Based on the ANOVAs, we estimated the among-founder variance components, V_A, for fitness in these two treatments (Sokal and Rohlf, 1995). That founding variation is what would fuel the earliest response to selection in the evolution experiment before new mutations have had enough time to become relevant. As expected, the estimated variance in fitness among the whole-population founders (V_A = 0.0052) is much greater than among the clonal founders (V_A = 0.0009).

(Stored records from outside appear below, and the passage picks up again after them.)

-- ===== src/Admin.antt =====
-- internal/handler/handle_backend.go: creating, updating and deleting a backend by the console. The
-- body of a request is the form that decoding it gives; the audit events are left out.
pub mod Updates
use token_gate.Base.{
  ℕ, Bool, true, false, not, ◌&&◌, ◌||◌, Option, none, some, List, [], ◌∷◌, if◌then◌else◌, ℤ, pos,
  pos_part,
}
use token_gate.Domain.{
  status_normal, status_disabled, type_new_api, type_sub2api, Backend, one_of,
  normalize_backend_protocol, normalize_backend_type,
}
use token_gate.Failover.Entries.{account}
use token_gate.Json.{
  Json, null_value, string, object, Object, entries_of, mapping, put, remove, Codec,
}
use token_gate.Store.{StoreError, Result, ok, err, Db}
use token_gate.Store.Backends.{get_backend, create_backend, update_backend, delete_backend}
use token_gate.Text.{Text, codes, text_eq, is_empty, trim_space}
use token_gate.Time.{Time, zero_time}
use token_gate.Transfer.{normalize_console_api_path, validate_socks_proxy_reference, Outside}

-- The payload of `HandleCreateBackend` and of `HandleUpdateBackend`; neither reads the endpoints, and
-- the first one does not read the status.
pub record BackendForm : Type 0 where
  pub name : Text
  pub protocol : Text
  pub backend_type : Text
  pub base_url : Text
  pub api_key : Text
  pub console_url : Text
  pub tags : List Text
  pub console_username : Text
  pub console_password : Text
  pub console_authorization : Text
  pub console_checkin_path : Text
  pub channel_url : Text
  pub console_cookie : Text
  pub console_user_id : Option Text
  pub notes : Text
  pub proxy_id : ℤ
  pub status : Text
  pub weight : ℤ
  pub models : List Text
  pub model_mapping : List (Text × Text)

-- The checks that both handlers make: the two URLs, and the proxy.
unfoldable pub form_is_valid : Outside → Db → BackendForm → Bool
unfolding is_empty trim_space validate_socks_proxy_reference
form_is_valid out db f =
    out.valid_url f.base_url
    && ((is_empty (trim_space f.console_url) || out.valid_url f.console_url)
        && validate_socks_proxy_reference f.proxy_id db)

-- `decodeJSONMap`, of what decoding gives: a text that is no object gives an empty one; null gives a
-- nil map, here `none`.
unfoldable pub decode_json_map : Option Json → Option Object
unfolding entries_of
decode_json_map (some (object m)) = some (entries_of m)
decode_json_map (some null_value) = none
decode_json_map _ = some []

-- What becomes of a text: it is written, or the handler panics.
pub data Written : Type 0 where
  wrote : Text → Written
  panicked : Written

-- The identifier set, or deleted where it is blank: deleting from a nil map is nothing, and gives
-- null; an assignment to it panics.
unfoldable pub with_user_id : Codec → Bool → Text → Option Object → Written
unfolding put remove mapping
with_user_id codec true id (some m) = wrote (codec.marshal (mapping (remove (codes "id") m)))
with_user_id codec false id (some m) =
    wrote (codec.marshal (mapping (put (codes "id") (string id) m)))
with_user_id codec true id none = wrote (codec.marshal null_value)
with_user_id codec false id none = panicked

-- `consoleAccountJSONWithUserID`
unfoldable pub console_account_json_with_user_id : Codec → Text → Text → Written
unfolding trim_space is_empty decode_json_map with_user_id
console_account_json_with_user_id codec raw user_id =
    let id = trim_space user_id in
    with_user_id codec (is_empty id) id (decode_json_map (codec.unmarshal raw))

-- The account of a form, where it has one.
unfoldable pub account_of : Codec → Text → Option Text → Written
unfolding console_account_json_with_user_id
account_of codec raw none = wrote raw
account_of codec raw (some id) = console_account_json_with_user_id codec raw id

-- A text that only one type of backend has.
abbrev pub only_for : Text → Text → Text → Text
unfolding text_eq
only_for wanted actual value = if text_eq actual wanted then value else []

-- What both handlers set in one way.
unfoldable pub with_form : BackendForm → Text → Backend → Backend
unfolding text_eq trim_space normalize_console_api_path normalize_backend_type
with_form f account b =
    let kind = normalize_backend_type f.backend_type in
    record b {
      name = f.name;
      backend_type = kind;
      base_url = f.base_url;
      console_url = f.console_url;
      tags = f.tags;
      console_username = f.console_username;
      console_password = f.console_password;
      console_authorization = only_for type_sub2api kind (trim_space f.console_authorization);
      console_checkin_path =
          only_for type_sub2api kind (normalize_console_api_path f.console_checkin_path);
      channel_url = only_for type_sub2api kind (normalize_console_api_path f.channel_url);
      console_cookie = only_for type_new_api kind (trim_space f.console_cookie);
      console_account_json = account;
      notes = f.notes;
      proxy_id = pos_part f.proxy_id;
      weight = f.weight;
      models = f.models;
      model_mapping = f.model_mapping;
    }

-- The status of an update: none leaves everything, another one resets the breaker.
unfoldable pub with_new_status : Text → Backend → Option Backend
unfolding text_eq is_empty one_of
with_new_status status b =
    if is_empty status
    then some b
    else if not (one_of status (status_normal ∷ status_disabled ∷ []))
    then none
    else if text_eq b.status status
    then some b
    else some (record b { status = status; consecutive_failures = 0; recover_at = none })

-- The backend that `HandleUpdateBackend` writes: a blank protocol and a blank key leave the old ones.
unfoldable pub changed_backend : BackendForm → Text → Backend → Backend
unfolding is_empty trim_space normalize_backend_protocol with_form
changed_backend f account b = record (with_form f account b) {
  protocol =
      if is_empty (trim_space f.protocol)
      then b.protocol
      else normalize_backend_protocol f.protocol;
  api_key = if is_empty (trim_space f.api_key) then b.api_key else f.api_key;
}

pub data Answer : Type 0 where
  answered_with : Backend → Answer
  not_found invalid_form invalid_new_status crashed : Answer
  refused_by_store : StoreError → Answer

abbrev pub answer_of : Db × Result Backend → Db × Answer
answer_of (db, ok b) = (db, answered_with b)
answer_of (db, err e) = (db, refused_by_store e)

unfoldable pub update_with : Time → Option Backend → Db → Db × Answer
unfolding update_backend
update_with now none db = (db, invalid_new_status)
update_with now (some b) db = answer_of (update_backend now b db)

unfoldable pub update_account : Time → BackendForm → Backend → Db → Written → Db × Answer
unfolding update_with with_new_status changed_backend
update_account now f current db panicked = (db, crashed)
update_account now f current db (wrote account) =
    update_with now (with_new_status f.status (changed_backend f account current)) db

-- `HandleUpdateBackend`
unfoldable pub handle_update_backend : Outside → Codec → Time → ℕ → BackendForm → Db → Db × Answer
unfolding get_backend form_is_valid account_of update_account
handle_update_backend out codec now id f db = elim (get_backend id db) [
  | err e ↦ (db, not_found)
  | ok current ↦
      if form_is_valid out db f
      then update_account now f current db
          (account_of codec current.console_account_json f.console_user_id)
      else (db, invalid_form)
]

abbrev pub no_backend : Backend
no_backend = record {
  id = 0;
  name = [];
  protocol = [];
  backend_type = [];
  base_url = [];
  api_key = [];
  console_url = [];
  tags = [];
  console_username = [];
  console_password = [];
  console_authorization = [];
  console_checkin_path = [];
  channel_url = [];
  console_cookie = [];
  console_account_json = [];
  console_pricing_json = [];
  notes = [];
  proxy_id = 0;
  proxy = none;
  status = [];
  consecutive_failures = 0;
  recover_at = none;
  weight = pos 0;
  models = [];
  model_mapping = [];
  endpoints = [];
  created_at = zero_time;
  updated_at = zero_time;
}

unfoldable pub create_account : Time → BackendForm → Db → Written → Db × Answer
unfolding create_backend with_form normalize_backend_protocol
create_account now f db panicked = (db, crashed)
create_account now f db (wrote account) = answer_of (
    create_backend now
      (record (with_form f account no_backend) {
        protocol = normalize_backend_protocol f.protocol;
        api_key = f.api_key;
      })
      db)

-- `HandleCreateBackend`
unfoldable pub handle_create_backend : Outside → Codec → Time → BackendForm → Db → Db × Answer
unfolding form_is_valid account_of create_account
handle_create_backend out codec now f db =
    if form_is_valid out db f
    then create_account now f db (account_of codec [] f.console_user_id)
    else (db, invalid_form)

-- `HandleDeleteBackend`
unfoldable pub handle_delete_backend : ℕ → Db → Db × Answer
unfolding get_backend delete_backend
handle_delete_backend id db = elim (get_backend id db) [
  | err e ↦ (db, not_found)
  | ok b ↦ (delete_backend id db, answered_with b)
]
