-- ===== src/Admin/Updates.antt =====
-- What an update by the console does to the breaker of a backend.
use token_gate.Base.{
  ◌≡◌, refl, sym, subst, ◌↔◌, ◌⊎◌, inl, inr, Bool, true, false, not, Option, none, some, [], ◌∷◌,
  arith, if◌then◌else◌, OptionAll,
}
use token_gate.Admin.{
  BackendForm, decode_json_map, Written, wrote, panicked, with_user_id,
  console_account_json_with_user_id, with_form, with_new_status, changed_backend,
}
use token_gate.Domain.{status_normal, status_disabled, Backend, one_of}
use token_gate.Failover.Entries.{account}
use token_gate.Json.{
  Json, null_value, boolean, number, string, array, object, Object, entries_of, Codec,
}
use token_gate.Text.{Text, text_eq, is_empty, trim_space}

-- The breaker as it was, or reset together with the status.
abbrev pub Breaker : Text → Backend → Backend → Type 0
Breaker status b c =
    ((c.status ≡ b.status)
      × ((c.consecutive_failures ≡ b.consecutive_failures) × (c.recover_at ≡ b.recover_at)))
    ⊎ ((c.status ≡ status)
        × ((one_of status (status_normal ∷ status_disabled ∷ []) ≡ true)
            × ((c.consecutive_failures ≡ 0) × (c.recover_at ≡ none))))

with_new_status_by :
    (empty known same : Bool) (status : Text) (b : Backend)
    → one_of status (status_normal ∷ status_disabled ∷ []) ≡ known
    → OptionAll (Breaker status b) (
        if empty
        then some b
        else if not known
        then none
        else if same
        then some b
        else some (record b { status = status; consecutive_failures = 0; recover_at = none }))
with_new_status_by true known same status b h = inl (refl, (refl, refl))
with_new_status_by false false same status b h = tt
with_new_status_by false true true status b h = inl (refl, (refl, refl))
with_new_status_by false true false status b h = inr (refl, (h, (refl, refl)))

-- The backend that an update writes, made of the form and of the stored one, has its breaker as it
-- was, or a new status, which is normal or disabled, with no failures and no time of recovery: an
-- update by this form never makes a backend abnormal that was not.
pub changed_backend-Breaker :
    (f : BackendForm) (account : Text) (b c : Backend)
    → with_new_status f.status (changed_backend f account b) ≡ some c
    → Breaker f.status b c
unfolding with_new_status changed_backend with_form
changed_backend-Breaker f account b c h =
    let q = changed_backend f account b in
    let known = one_of f.status (status_normal ∷ status_disabled ∷ []) in
    subst (OptionAll (Breaker f.status b)) h
      (with_new_status_by (is_empty f.status) known (text_eq q.status f.status) f.status q refl)

-- Which texts are written.
abbrev IsPanic : Written → Type 0
IsPanic (wrote t) = ⊥
IsPanic panicked = Unit

abbrev IsNull : Option Json → Type 0
IsNull (some null_value) = Unit
IsNull _ = ⊥

with_user_id-some :
    (codec : Codec) (t : Bool) (id : Text) (m : Object)
    → with_user_id codec t id (some m) ≡ panicked
    → ⊥
unfolding with_user_id
with_user_id-some codec true id m h = subst IsPanic (sym h) tt
with_user_id-some codec false id m h = subst IsPanic (sym h) tt

panics_on_null :
    (codec : Codec) (t : Bool) (id : Text) (o : Option Json)
    → (with_user_id codec t id (decode_json_map o) ≡ panicked)
      ↔ ((o ≡ some null_value) × (t ≡ false))
unfolding with_user_id decode_json_map
panics_on_null codec true id (some null_value) =
    (λ h. absurd (subst IsPanic (sym h) tt), λ h. ground (arith, h.1))
panics_on_null codec false id (some null_value) = (λ h. (refl, refl), λ h. refl)
panics_on_null codec t id none =
    (λ h. absurd (with_user_id-some codec t id [] h), λ h. absurd (subst IsNull (sym (h.0)) tt))
panics_on_null codec t id (some (boolean b)) =
    (λ h. absurd (with_user_id-some codec t id [] h), λ h. absurd (subst IsNull (sym (h.0)) tt))
panics_on_null codec t id (some (number n d)) =
    (λ h. absurd (with_user_id-some codec t id [] h), λ h. absurd (subst IsNull (sym (h.0)) tt))
panics_on_null codec t id (some (string s)) =
    (λ h. absurd (with_user_id-some codec t id [] h), λ h. absurd (subst IsNull (sym (h.0)) tt))
panics_on_null codec t id (some (array vs)) =
    (λ h. absurd (with_user_id-some codec t id [] h), λ h. absurd (subst IsNull (sym (h.0)) tt))
panics_on_null codec t id (some (object m)) = (
  λ h. absurd (with_user_id-some codec t id (entries_of m) h),
  λ h. absurd (subst IsNull (sym (h.0)) tt),
)

-- The identifier of a user cannot be stored, and the handler panics, exactly where the stored
-- account is null and the identifier is not blank.
pub console_account_json_with_user_id-panicked :
    (codec : Codec) (raw user_id : Text)
    → (console_account_json_with_user_id codec raw user_id ≡ panicked)
      ↔ ((codec.unmarshal raw ≡ some null_value) × (is_empty (trim_space user_id) ≡ false))
unfolding console_account_json_with_user_id
console_account_json_with_user_id-panicked codec raw user_id =
    panics_on_null codec (is_empty (trim_space user_id)) (trim_space user_id) (codec.unmarshal raw)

We also performed an additional set of competition assays to estimate the fitness of the founders of our evolution experiment relative to a different pair of common competitors. In this case, the six founders of whole populations and clones competed against the marked ancestors of the LTEE (Supplementary Figure 3). The founders generally had higher fitness relative to the LTEE ancestors than relative to the common competitors used in our other assays. Therefore, we used a 1:4 starting ratio of the founders relative to the LTEE ancestors, instead of the 1:1 starting ratio used in the other competitions (Materials and methods). Otherwise, the assay conditions and calculations of relative fitness as the ratio of realized growth rates were the same. We also arranged and analyzed these data as before.

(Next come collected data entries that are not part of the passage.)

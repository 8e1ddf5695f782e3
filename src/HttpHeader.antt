-- ===== src/HttpHeader.antt =====
-- net/http.Header as the source uses it: values under canonical keys. A map has no order; here the
-- keys stand in the order in which they were added, and no operation or theorem depends on it.
pub mod Laws
use token_gate.Base.{
  ℕ, ◌+◌, ◌-◌, Bool, true, not, ◌&&◌, ◌||◌, List, [], ◌∷◌, ◌++◌, leb, ◌==◌, if◌then◌else◌, any,
}
use token_gate.Text.{Text, codes, text_eq}

abbrev pub Header : Type 0
Header = List (Text × List Text)

-- The characters of a token of RFC 9110, as `textproto` tests them.
unfoldable pub is_token_char : ℕ → Bool
is_token_char c =
    (leb b'0' c && leb c b'9')
    || (leb b'A' c && leb c b'Z')
    || (leb b'a' c && leb c b'z')
    || any (λ d. c == d) (codes "!#$%&'*+-.^_`|~")

-- Upper case at the start and behind a hyphen, lower case elsewhere.
unfoldable pub capitalise : Bool → Text → Text
capitalise upper [] = []
capitalise upper (c ∷ s) =
    let d =
      if upper && leb b'a' c && leb c b'z'
      then c - 32
      else if not upper && leb b'A' c && leb c b'Z'
      then c + 32
      else c in
    d ∷ capitalise (c == b'-') s

-- `textproto.CanonicalMIMEHeaderKey`: a key that is no token stays as it is.
unfoldable pub canonical_key : Text → Text
unfolding is_token_char capitalise
canonical_key key = if any (λ c. not (is_token_char c)) key then key else capitalise true key

-- `h[key]` at a canonical key
unfoldable pub values : Text → Header → List Text
unfolding text_eq
values key [] = []
values key ((k, vs) ∷ h) = let rest = values key h in if text_eq k key then vs else rest

unfoldable pub add_value : Text → Text → Header → Header
unfolding text_eq
add_value key value [] = (key, value ∷ []) ∷ []
add_value key value ((k, vs) ∷ h) =
    let rest = add_value key value h in
    if text_eq k key then (k, vs ++ (value ∷ [])) ∷ h else (k, vs) ∷ rest

unfoldable pub drop_key : Text → Header → Header
unfolding text_eq
drop_key key [] = []
drop_key key ((k, vs) ∷ h) =
    let rest = drop_key key h in if text_eq k key then rest else (k, vs) ∷ rest

-- `Header.Add`, `Header.Del` and `Header.Set`
unfoldable pub add : Text → Text → Header → Header
unfolding add_value canonical_key
add key value h = add_value (canonical_key key) value h

unfoldable pub del : Text → Header → Header
unfolding drop_key canonical_key
del key h = drop_key (canonical_key key) h

unfoldable pub set : Text → Text → Header → Header
unfolding drop_key canonical_key
set key value h = (canonical_key key, value ∷ []) ∷ drop_key (canonical_key key) h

These additional data also support one of our two expectations based on the marker trajectories, namely, that one Ara⁺ founder had higher fitness than any of the Ara^– founders. In this case, we see that Ara+5 has the highest mean fitness among both the whole population (Supplementary Figure 3A) and clonal (Supplementary Figure 3B) founders. The results of the Tukey tests confirm that Ara+5 had significantly higher fitness than all other whole-population founders and higher fitness than all but one clonal founder. The ANOVAs indicate significant variation in fitness among both the whole-population (Supplementary Table 3, top) and clonal (Supplementary Table 3, bottom) founders. However, the variation in fitness is not greater among the whole-population founders than among the clonal founders. The estimated among-founder variance component for fitness for the whole-population founders (V_A = 0.0274) is essentially identical to the variance among the clonal founders (V_A = 0.0269).

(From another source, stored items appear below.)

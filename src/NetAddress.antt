-- ===== src/NetAddress.antt =====
-- What internal/proxy/socks5.go uses of the packages net and strconv: `SplitHostPort`, `Atoi` and
-- `ParseIP`, by their documented grammars.
use token_gate.Base.{
  ℕ, zero, suc, ◌+◌, ◌-◌, ◌*◌, ◌/◌, ◌%◌, ◌^◌, Bool, true, false, not, ◌&&◌, ◌||◌, Option, none,
  some, List, [], ◌∷◌, ◌++◌, map, ltb, leb, ◌==◌, if◌then◌else◌, length, any, ℤ, pos, negsuc,
}
use token_gate.Text.{Text, codes, text_eq, is_empty, cut_prefix, has_prefix}

-- The text on either side of the first such character.
unfoldable pub cut_first : ℕ → Text → Option (Text × Text)
cut_first c [] = none
cut_first c (d ∷ s) =
    let rest = cut_first c s in
    if d == c then some ([], s) else elim rest [ none ↦ none | some (a, b) ↦ some (d ∷ a, b) ]

-- The text on either side of the last such character.
unfoldable pub cut_last : ℕ → Text → Option (Text × Text)
cut_last c [] = none
cut_last c (d ∷ s) = elim (cut_last c s) [
  | none ↦ if d == c then some ([], s) else none
  | some (a, b) ↦ some (d ∷ a, b)
]

abbrev pub contains : ℕ → Text → Bool
contains c s = any (λ d. d == c) s

-- The host in brackets, and what follows the closing one.
unfoldable pub split_bracketed : Text × Text → Option (Text × Text)
unfolding cut_first
split_bracketed (host, after) = elim after [
  | [] ↦ none
  | c ∷ port ↦
      if c == b':'
        && not (contains b':' port)
        && not (contains b'[' (host ++ port))
        && not (contains b']' port)
      then some (host, port)
      else none
]

unfoldable pub split_plain : Text × Text → Option (Text × Text)
split_plain (host, port) =
    if contains b':' host || contains b'[' (host ++ port) || contains b']' (host ++ port)
    then none
    else some (host, port)

-- `net.SplitHostPort`
unfoldable pub split_host_port : Text → Option (Text × Text)
unfolding cut_first cut_last split_bracketed split_plain
split_host_port [] = none
split_host_port (c ∷ s) =
    if c == b'['
    then elim (cut_first b']' s) [ none ↦ none | some parts ↦ split_bracketed parts ]
    else elim (cut_last b':' (c ∷ s)) [ none ↦ none | some parts ↦ split_plain parts ]

abbrev pub is_digit : ℕ → Bool
is_digit c = leb b'0' c && leb c b'9'

-- The digits read onto a value.
unfoldable pub read_decimal : ℕ → Text → Option ℕ
read_decimal n [] = some n
read_decimal n (c ∷ s) =
    let rest = read_decimal (n * 10 + (c - b'0')) s in if is_digit c then rest else none

-- A number without a sign: at least one digit.
unfoldable pub decimal : Text → Option ℕ
unfolding read_decimal
decimal [] = none
decimal (c ∷ s) = read_decimal 0 (c ∷ s)

-- `strconv.Atoi`, for an `int` of 64 bits
unfoldable pub atoi : Text → Option ℤ
unfolding decimal
atoi [] = none
atoi (c ∷ s) =
    if c == b'-'
    then elim (decimal s) [
      | none ↦ none
      | some zero ↦ some (pos 0)
      | some (suc n) ↦ if ltb n (2 ^ 63) then some (negsuc n) else none
    ]
    else elim (if c == b'+' then decimal s else decimal (c ∷ s)) [
      | none ↦ none
      | some n ↦ if ltb n (2 ^ 63) then some (pos n) else none
    ]

-- One of the four numbers of an IPv4 address: no leading zero, at most 255.
unfoldable pub octet : Text → Option ℕ
unfolding decimal
octet (c ∷ d ∷ s) =
    if c == b'0'
    then none
    else elim (decimal (c ∷ d ∷ s)) [ none ↦ none | some n ↦ if leb n 255 then some n else none ]
octet s = decimal s

-- The parts between the characters `c`.
unfoldable pub split_on : ℕ → Text → List Text
split_on c [] = [] ∷ []
split_on c (d ∷ s) = elim (split_on c s) [
  | [] ↦ (d ∷ []) ∷ []
  | p ∷ ps ↦ if d == c then [] ∷ p ∷ ps else (d ∷ p) ∷ ps
]

unfoldable pub parse_ipv4 : Text → Option (List ℕ)
unfolding split_on octet
parse_ipv4 s = elim (map octet (split_on b'.' s)) [
  | some a ∷ some b ∷ some c ∷ some d ∷ [] ↦ some (a ∷ b ∷ c ∷ d ∷ [])
  | _ ↦ none
]

unfoldable pub hex_digit : ℕ → Option ℕ
hex_digit c =
    if is_digit c
    then some (c - b'0')
    else if leb b'a' c && leb c b'f'
    then some (c - b'a' + 10)
    else if leb b'A' c && leb c b'F'
    then some (c - b'A' + 10)
    else none

-- The leading hexadecimal digits: how many, their value, and the rest.
unfoldable pub take_hex : ℕ → Text → ℕ × ℕ × Text
unfolding hex_digit
take_hex acc [] = (0, acc, [])
take_hex acc (c ∷ s) = elim (hex_digit c) [
  | none ↦ (0, acc, c ∷ s)
  | some d ↦ let (n, v, r) = take_hex (acc * 16 + d) s in (suc n, v, r)
]

-- What an IPv6 text gave so far: its bytes, where `::` stood among them, and the rest.
pub record Groups : Type 0 where
  pub bytes : List ℕ
  pub ellipsis : Option ℕ
  pub rest : Text

-- The text behind a double colon: only one may stand in an address. The flag says that the text ended.
unfoldable pub double_colon : List ℕ → Option ℕ → Text → Option (Bool × Groups)
double_colon bytes (some e) s = none
double_colon bytes none s =
    some (is_empty s, record { bytes = bytes; ellipsis = some (length bytes); rest = s })

-- The text behind a group: its end, or a colon, or the double colon.
unfoldable pub after_group : List ℕ → Option ℕ → Text → Option (Bool × Groups)
unfolding double_colon
after_group bytes ellipsis [] =
    some (true, record { bytes = bytes; ellipsis = ellipsis; rest = [] })
after_group bytes ellipsis (c ∷ []) = none
after_group bytes ellipsis (c ∷ d ∷ s) =
    if not (c == b':')
    then none
    else if not (d == b':')
    then some (false, record { bytes = bytes; ellipsis = ellipsis; rest = d ∷ s })
    else double_colon bytes ellipsis s

unfoldable pub no_ellipsis : Option ℕ → Bool
no_ellipsis none = true
no_ellipsis (some e) = false

-- An IPv4 address in the last four bytes.
unfoldable pub embedded : List ℕ → Option ℕ → Text → Option Groups
unfolding parse_ipv4 no_ellipsis
embedded bytes ellipsis s =
    if ltb 16 (length bytes + 4) || (no_ellipsis ellipsis && not (length bytes == 12))
    then none
    else elim (parse_ipv4 s) [
      | none ↦ none
      | some ip ↦ some (record { bytes = bytes ++ ip; ellipsis = ellipsis; rest = [] })
    ]

-- The loop over the groups of two bytes, at most as many as the first argument.
unfoldable pub read_groups : ℕ → List ℕ → Option ℕ → Text → Option Groups
unfolding take_hex after_group embedded
read_groups zero bytes ellipsis s = some (record { bytes = bytes; ellipsis = ellipsis; rest = s })
read_groups (suc k) bytes ellipsis s =
    let (n, v, r) = take_hex 0 s in
    if n == 0 || ltb 4 n
    then none
    else if has_prefix (codes ".") r
    then embedded bytes ellipsis s
    else elim (after_group (bytes ++ ((v / 256) ∷ (v % 256) ∷ [])) ellipsis r) [
      | none ↦ none
      | some (done, g) ↦ if done then some g else read_groups k g.bytes g.ellipsis g.rest
    ]

abbrev pub zeros : ℕ → List ℕ
zeros zero = []
zeros (suc n) = 0 ∷ zeros n

-- The bytes with zeros put in after the first `n`.
abbrev pub insert_zeros : ℕ → ℕ → List ℕ → List ℕ
insert_zeros k zero xs = zeros k ++ xs
insert_zeros k (suc n) [] = zeros k
insert_zeros k (suc n) (x ∷ xs) = x ∷ insert_zeros k n xs

unfoldable pub finish_groups : Groups → Option (List ℕ)
finish_groups g = if not (is_empty g.rest) then none else elim (g.ellipsis) [
  | none ↦ if length g.bytes == 16 then some g.bytes else none
  | some e ↦
      if ltb (length g.bytes) 16 then some (insert_zeros (16 - length g.bytes) e g.bytes) else none
]

unfoldable pub parse_ipv6 : Text → Option (List ℕ)
unfolding read_groups finish_groups cut_prefix
parse_ipv6 s = elim (cut_prefix (codes "::") s) [
  | some [] ↦ some (zeros 16)
  | some (c ∷ t) ↦ elim (read_groups 8 [] (some 0) (c ∷ t)) [
    | none ↦ none
    | some g ↦ finish_groups g
  ]
  | none ↦ elim (read_groups 8 [] none s) [ none ↦ none | some g ↦ finish_groups g ]
]

-- `To4` of an IPv6 address: the last four bytes of ::ffff:a.b.c.d
unfoldable pub to4 : List ℕ → Option (List ℕ)
unfolding text_eq
to4 (a ∷ b ∷ c ∷ d ∷ e ∷ f ∷ g ∷ h ∷ i ∷ j ∷ k ∷ l ∷ v4) =
    if text_eq (a ∷ b ∷ c ∷ d ∷ e ∷ f ∷ g ∷ h ∷ i ∷ j ∷ k ∷ l ∷ []) (zeros 10 ++ (255 ∷ 255 ∷ []))
    then some v4
    else none
to4 _ = none

pub data Ip : Type 0 where
  v4 : List ℕ → Ip
  v6 : List ℕ → Ip

-- Which of `.`, `:` and `%` comes first.
unfoldable pub first_mark : Text → Option ℕ
first_mark [] = none
first_mark (c ∷ s) =
    let rest = first_mark s in if c == b'.' || c == b':' || c == b'%' then some c else rest

-- `net.ParseIP`, with the `To4` of its result. An address with a zone is none.
unfoldable pub parse_ip : Text → Option Ip
unfolding first_mark parse_ipv4 parse_ipv6 to4
parse_ip s = elim (first_mark s) [
  | none ↦ none
  | some m ↦
      if m == b'.'
      then elim (parse_ipv4 s) [ none ↦ none | some b ↦ some (v4 b) ]
      else if m == b':' && not (contains b'%' s)
      then elim (parse_ipv6 s) [
        | none ↦ none
        | some b ↦ elim (to4 b) [ some w ↦ some (v4 w) | none ↦ some (v6 b) ]
      ]
      else none
]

Across the four sets of competitions (founder clones and whole populations, against two pairs of common competitors), we find that the founders derived from LTEE population Ara+5 had the highest fitness in three of these sets (Figure 4A and Supplementary Figures 3A,B), while they were tied for the highest fitness in one set (Figure 4B). These results clearly imply that the early trends toward the Ara⁺ state in the marker-ratio trajectories in the MC (Figure 3, top) and especially the MP (Figure 3, bottom) treatments were caused by the initial fitness advantage that the Ara+5 founders had in the new DS150 environment. By contrast, the subsequent reversals in most trajectories are presumably associated with new mutations that arose during our evolution experiment. In theory, very gradual and uniform reversals could occur even without new mutations if the single most fit founder had a different marker state than the marker state with the higher average fitness across its constituent lineages. However, this hypothetical scenario is clearly not the case for the MP treatment, nor can it explain the variation in the time and strength of the reversals in the MP and MC treatments, as shown in Figure 3. A deeper understanding of the reversals will require future genomic analyses, as we explain in the Discussion section.